_What is needed_
Look through the records below and say how many lines include "method". Give only that number.

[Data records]
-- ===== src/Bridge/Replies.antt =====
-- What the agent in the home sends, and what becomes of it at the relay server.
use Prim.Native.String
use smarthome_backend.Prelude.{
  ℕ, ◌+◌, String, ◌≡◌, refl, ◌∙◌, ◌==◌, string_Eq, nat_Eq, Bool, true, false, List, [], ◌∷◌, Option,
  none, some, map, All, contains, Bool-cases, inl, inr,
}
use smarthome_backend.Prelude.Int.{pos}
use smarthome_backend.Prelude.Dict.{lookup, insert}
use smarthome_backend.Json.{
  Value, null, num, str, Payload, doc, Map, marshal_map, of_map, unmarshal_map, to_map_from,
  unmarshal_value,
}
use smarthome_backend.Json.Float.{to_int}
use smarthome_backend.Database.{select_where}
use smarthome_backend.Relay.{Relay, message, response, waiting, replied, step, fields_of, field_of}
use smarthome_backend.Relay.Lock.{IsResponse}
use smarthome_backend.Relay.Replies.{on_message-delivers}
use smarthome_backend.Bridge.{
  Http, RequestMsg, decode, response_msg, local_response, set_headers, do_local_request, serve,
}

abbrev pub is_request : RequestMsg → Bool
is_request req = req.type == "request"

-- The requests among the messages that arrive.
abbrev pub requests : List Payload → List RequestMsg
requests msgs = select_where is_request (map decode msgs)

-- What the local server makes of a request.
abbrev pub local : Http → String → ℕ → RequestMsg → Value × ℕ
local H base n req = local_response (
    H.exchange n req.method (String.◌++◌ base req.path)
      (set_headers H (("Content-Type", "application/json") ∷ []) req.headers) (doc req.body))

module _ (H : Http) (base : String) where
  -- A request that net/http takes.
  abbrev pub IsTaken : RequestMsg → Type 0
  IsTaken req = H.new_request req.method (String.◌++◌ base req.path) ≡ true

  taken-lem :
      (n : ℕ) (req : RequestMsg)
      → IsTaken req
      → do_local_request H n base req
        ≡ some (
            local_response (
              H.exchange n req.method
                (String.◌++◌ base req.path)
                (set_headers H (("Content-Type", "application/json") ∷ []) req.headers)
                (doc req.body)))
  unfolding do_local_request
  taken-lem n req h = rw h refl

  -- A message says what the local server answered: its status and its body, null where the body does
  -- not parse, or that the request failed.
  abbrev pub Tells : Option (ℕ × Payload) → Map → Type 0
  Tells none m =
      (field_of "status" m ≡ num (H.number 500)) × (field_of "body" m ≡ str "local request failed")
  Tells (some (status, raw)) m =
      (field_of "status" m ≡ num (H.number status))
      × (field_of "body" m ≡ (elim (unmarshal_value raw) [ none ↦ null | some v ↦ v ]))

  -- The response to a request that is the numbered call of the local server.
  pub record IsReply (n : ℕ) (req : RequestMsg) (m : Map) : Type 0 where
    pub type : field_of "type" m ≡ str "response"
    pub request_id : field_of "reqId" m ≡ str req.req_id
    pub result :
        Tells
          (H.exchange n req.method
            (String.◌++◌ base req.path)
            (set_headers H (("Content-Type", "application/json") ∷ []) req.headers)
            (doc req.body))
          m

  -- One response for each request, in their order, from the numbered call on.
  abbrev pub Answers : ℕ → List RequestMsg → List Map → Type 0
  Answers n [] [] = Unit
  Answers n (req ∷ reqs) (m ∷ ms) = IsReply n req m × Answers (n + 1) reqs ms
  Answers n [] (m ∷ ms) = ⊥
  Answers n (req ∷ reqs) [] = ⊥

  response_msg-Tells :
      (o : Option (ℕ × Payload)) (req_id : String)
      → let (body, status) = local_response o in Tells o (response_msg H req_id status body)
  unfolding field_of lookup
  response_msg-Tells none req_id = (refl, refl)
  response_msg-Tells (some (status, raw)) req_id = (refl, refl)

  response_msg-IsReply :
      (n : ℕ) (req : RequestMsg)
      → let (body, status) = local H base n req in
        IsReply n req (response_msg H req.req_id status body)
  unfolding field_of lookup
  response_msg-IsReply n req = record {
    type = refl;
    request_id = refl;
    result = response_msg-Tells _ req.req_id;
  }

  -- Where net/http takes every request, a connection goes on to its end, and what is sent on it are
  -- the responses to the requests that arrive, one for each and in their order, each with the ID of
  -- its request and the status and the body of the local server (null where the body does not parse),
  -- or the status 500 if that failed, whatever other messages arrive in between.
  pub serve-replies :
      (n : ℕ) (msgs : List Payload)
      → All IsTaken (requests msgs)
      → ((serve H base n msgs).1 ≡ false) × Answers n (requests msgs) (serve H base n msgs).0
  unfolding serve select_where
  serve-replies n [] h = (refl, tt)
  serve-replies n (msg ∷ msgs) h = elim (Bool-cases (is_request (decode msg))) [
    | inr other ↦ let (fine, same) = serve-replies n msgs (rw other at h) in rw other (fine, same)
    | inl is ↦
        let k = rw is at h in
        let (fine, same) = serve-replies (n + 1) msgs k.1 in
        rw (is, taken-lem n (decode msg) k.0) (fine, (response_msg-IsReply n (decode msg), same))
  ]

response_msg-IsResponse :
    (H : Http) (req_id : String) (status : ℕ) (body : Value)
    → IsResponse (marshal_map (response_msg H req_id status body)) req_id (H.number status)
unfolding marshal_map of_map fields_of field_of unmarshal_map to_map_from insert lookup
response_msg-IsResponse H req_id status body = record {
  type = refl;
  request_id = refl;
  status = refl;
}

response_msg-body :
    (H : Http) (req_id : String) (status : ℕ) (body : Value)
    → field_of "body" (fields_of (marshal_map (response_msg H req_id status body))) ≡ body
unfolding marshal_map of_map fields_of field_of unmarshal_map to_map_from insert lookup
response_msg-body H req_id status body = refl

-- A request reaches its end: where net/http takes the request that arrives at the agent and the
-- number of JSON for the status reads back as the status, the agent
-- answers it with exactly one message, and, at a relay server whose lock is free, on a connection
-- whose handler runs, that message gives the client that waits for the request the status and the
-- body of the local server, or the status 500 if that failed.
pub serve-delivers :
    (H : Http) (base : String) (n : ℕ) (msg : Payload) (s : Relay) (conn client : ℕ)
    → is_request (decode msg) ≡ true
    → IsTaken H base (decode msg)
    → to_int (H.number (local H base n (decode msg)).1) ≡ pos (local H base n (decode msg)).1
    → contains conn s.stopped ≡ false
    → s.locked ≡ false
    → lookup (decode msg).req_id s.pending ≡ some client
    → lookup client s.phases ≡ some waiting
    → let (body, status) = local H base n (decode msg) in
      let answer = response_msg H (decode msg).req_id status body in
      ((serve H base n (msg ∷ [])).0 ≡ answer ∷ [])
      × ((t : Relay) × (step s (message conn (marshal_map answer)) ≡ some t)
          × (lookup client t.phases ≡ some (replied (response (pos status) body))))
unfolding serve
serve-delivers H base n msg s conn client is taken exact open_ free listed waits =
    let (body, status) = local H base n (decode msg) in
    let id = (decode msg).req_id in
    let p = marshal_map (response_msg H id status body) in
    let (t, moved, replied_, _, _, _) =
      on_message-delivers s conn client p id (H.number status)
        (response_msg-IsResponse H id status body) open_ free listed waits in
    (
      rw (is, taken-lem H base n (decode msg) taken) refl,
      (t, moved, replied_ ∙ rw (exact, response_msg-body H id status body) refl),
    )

_Reply_
4